Debug and avoid periodic REBOL2 error, that try[] does not(?) catch? - rebol

Apparently un-catchable error while toying around with Rebol/Core (278-3-1) to make a kind-of web-server to serve a static text, containing a redirect link to a new service location.
The specific location of the error appear to be in example code written by Carl Sassenrath himself, back in 2006, so I'm kind of baffled there could be an undetected error after all these years.
I have three of these scripts running simultaneous, monitoring three individual ports. Essentially the script works as it should... when accessed repeatedly with multiple browsers at once (on all parallel scripts) it appear appear to be pretty stable... but one after another they fail.
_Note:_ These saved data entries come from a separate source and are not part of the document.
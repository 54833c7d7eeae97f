-- ===== src/Bookmark.antt =====
-- src/bookmark.c: the bookmarks, an array of objects in a file of its own.
pub mod Adding
use mathlib.Core.Option
use mathlib.Core.Option.{get_or}
use avar.Base.{
  Bool, List, Option, [], false, if◌then◌else◌, length, none, not, some, suc, zero, ℕ, ◌&&◌, ◌++◌,
  ◌∷◌,
}
use avar.Proxy.{is_empty}
use avar.CString.{Text, lit, decimal, is_some}
use avar.Cjson.{Cjson}
use avar.Config.Arrays.{remove_first}
use avar.Queue.{index_where, text_is}

pub data BookmarkError : Type 0 where
  bookmark_no_error bookmark_not_found bookmark_invalid_arg bookmark_persist : BookmarkError

abbrev pub root_key : Text
root_key = lit "bookmarks"

module _ ⦃cj : Cjson⦄ where
  open cj use {
    Json, JsonText, print, parse, new_number, new_string, new_object, new_array, is_object,
    string_value, array_items, get_item, put_item, add_item,
  }

  -- The document of the file, where it can be read.
  unfoldable pub load_json_file : Option JsonText → Json
  load_json_file none = new_object
  load_json_file (some text) = elim (parse text) [
    | none ↦ new_object
    | some root ↦ if is_object root then root else new_object
  ]

  -- The items of `bookmarks_array`, and the document with others in their place.
  abbrev pub bookmark_items : Json → List Json
  bookmark_items root = get_or (Option.bind (get_item root root_key) array_items) []

  unfoldable pub set_bookmarks : Json → List Json → Json
  set_bookmarks root items = elim (get_item root root_key) [
    | none ↦ add_item root root_key (new_array items)
    | some old ↦ put_item root root_key (new_array items)
  ]

  unfoldable pub field_matches : Text → Text → Json → Bool
  field_matches field value entry = text_is value (Option.bind (get_item entry field) string_value)

  unfoldable pub find_bookmark_index_by_field : List Json → Text → Text → Option ℕ
  unfolding index_where field_matches
  find_bookmark_index_by_field items field value = index_where (field_matches field value) items

  unfoldable pub generate_bookmark_id : ℕ → Text
  generate_bookmark_id time = lit "bm" ++ decimal time

  -- The object of a new bookmark, and one that is there with the new values.
  unfoldable pub new_entry : Text → Text → Text → ℕ → ℕ → Json
  new_entry id url title link_count now =
      let o1 = add_item new_object (lit "id") (new_string id) in
      let o2 = add_item o1 (lit "url") (new_string url) in
      let o3 = add_item o2 (lit "title") (new_string title) in
      let o4 = add_item o3 (lit "linkCount") (new_number link_count) in
      let o5 = add_item o4 (lit "createdAt") (new_number now) in
      add_item o5 (lit "updatedAt") (new_number now)

  unfoldable pub renewed : Text → ℕ → ℕ → Json → Json
  renewed title link_count now entry =
      let o1 = put_item entry (lit "title") (new_string title) in
      let o2 = put_item o1 (lit "linkCount") (new_number link_count) in
      put_item o2 (lit "updatedAt") (new_number now)

  -- The item at an index with a change.
  unfoldable pub change_at : ℕ → (Json → Json) → List Json → List Json
  change_at i f [] = []
  change_at zero f (x ∷ xs) = f x ∷ xs
  change_at (suc i) f (x ∷ xs) = x ∷ change_at i f xs

  -- Whether `resolve_bookmarks_path` gives a path.
  module _ (located : Bool) where
    unfoldable pub load_bookmarks_root : Option JsonText → Option Json
    unfolding load_json_file
    load_bookmarks_root file = if located then some (load_json_file file) else none

    unfoldable pub bookmark_has_url : Option JsonText → Text → Bool
    unfolding load_bookmarks_root find_bookmark_index_by_field
    bookmark_has_url file url = elim (load_bookmarks_root file) [
      | none ↦ false
      | some root ↦
          not (is_empty url)
          && is_some (find_bookmark_index_by_field (bookmark_items root) (lit "url") url)
    ]

    unfoldable pub bookmark_count : Option JsonText → ℕ
    unfolding load_bookmarks_root
    bookmark_count file = elim (load_bookmarks_root file) [
      | none ↦ 0
      | some root ↦ length (bookmark_items root)
    ]

    unfoldable pub bookmark_list_json : Option JsonText → Option JsonText
    unfolding load_bookmarks_root
    bookmark_list_json file =
        Option.map (λ root. print (new_array (bookmark_items root))) (load_bookmarks_root file)

    -- Whether the file can be written.
    module _ (persists : Bool) where
      unfoldable pub save_bookmarks_root : Option JsonText → Json → BookmarkError × Option JsonText
      save_bookmarks_root file root =
          if located && persists
          then (bookmark_no_error, some (print root))
          else (bookmark_persist, file)

      -- The items after `bookmark_add`, and the identifier of a new one.
      unfoldable pub added_items : ℕ → List Json → Text → Text → ℕ → Option Text × List Json
      unfolding find_bookmark_index_by_field new_entry renewed change_at generate_bookmark_id
      added_items now items url title link_count =
          elim (find_bookmark_index_by_field items (lit "url") url) [
            | some existing ↦ (none, change_at existing (renewed title link_count now) items)
            | none ↦
                let id = generate_bookmark_id now in
                (some id, items ++ new_entry id url title link_count now ∷ [])
          ]

      -- The error, `*id_out` and the file.
      unfoldable pub bookmark_add :
          ℕ
          → Option JsonText
          → Text
          → Option Text
          → ℕ
          → BookmarkError × (Option Text × Option JsonText)
      unfolding load_bookmarks_root added_items set_bookmarks save_bookmarks_root
      bookmark_add now file url title link_count =
          if is_empty url
          then (bookmark_invalid_arg, (none, file))
          else elim (load_bookmarks_root file) [
            | none ↦ (bookmark_persist, (none, file))
            | some root ↦
                let (id, items) =
                  added_items now (bookmark_items root) url (get_or title []) link_count in
                let (error, file') = save_bookmarks_root file (set_bookmarks root items) in
                (error, (id, file'))
          ]

      unfoldable pub bookmark_remove :
          Option JsonText → Text → Bool → BookmarkError × Option JsonText
      unfolding load_bookmarks_root remove_first field_matches set_bookmarks save_bookmarks_root
      bookmark_remove file id_or_url by_url =
          let field = if by_url then lit "url" else lit "id" in
          if is_empty id_or_url
          then (bookmark_invalid_arg, file)
          else elim (load_bookmarks_root file) [
            | none ↦ (bookmark_persist, file)
            | some root ↦
                elim (remove_first (field_matches field id_or_url) (bookmark_items root)) [
                  | none ↦ (bookmark_not_found, file)
                  | some items ↦ save_bookmarks_root file (set_bookmarks root items)
                ]
          ]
Sometimes after 2 minutes, sometimes after 20 minutes - after adding the print statements sometimes even after 60 minutes - but eventually they will fail like this:
** Script Error: Out of range or past end
** Where: forever
** Near: not empty? request: first http-port
I've tried wrapping just about every part of the program loop in a try[][exception], but the error still occurs. Unfortunately my search-fu appear to be weak this time of year, as I haven't found anything that could explain the problem.
The code is a cut down version of Carl Sassenrath's Tiny Web Server, slightly modified to bind to a specific IP, and to emit HTML instead of loading files:
REBOL [title: "TestMovedServer"]
AppName: "Test"
NewSite: "http://test.myserver.org"
listen-port: open/lines tcp://:81 browse http://10.100.44.6?
buffer: make string! 1024 ; will auto-expand if needed
forever [
http-port: first wait listen-port
clear buffer
while [not empty? request: first http-port][
print request
repend buffer [request newline]
print "----------"
]
repend buffer ["Address: " http-port/host newline]
print buffer
Location: ""
mime: "text/html"
parse buffer ["get" ["http" | "/ " | copy Location to " "]]
data: rejoin [{
<HTML><HEAD><TITLE>Site Relocated</TITLE></HEAD>
<BODY><CENTER><BR><BR><BR><BR><BR><BR>
<H1>} AppName { have moved to } NewSite {</H1>
<BR><BR><BR>Please update the link you came from.
<BR><BR><BR><BR><BR>(Continue directly to the requested page)
</CENTER></BODY></HTML>
}]
insert data rejoin ["HTTP/1.0 200 OK^/Content-type: " mime "^/^/"]
write-io http-port data length? data
close http-port
print "============"
]
I'm looking forward to see what you guys make out of this!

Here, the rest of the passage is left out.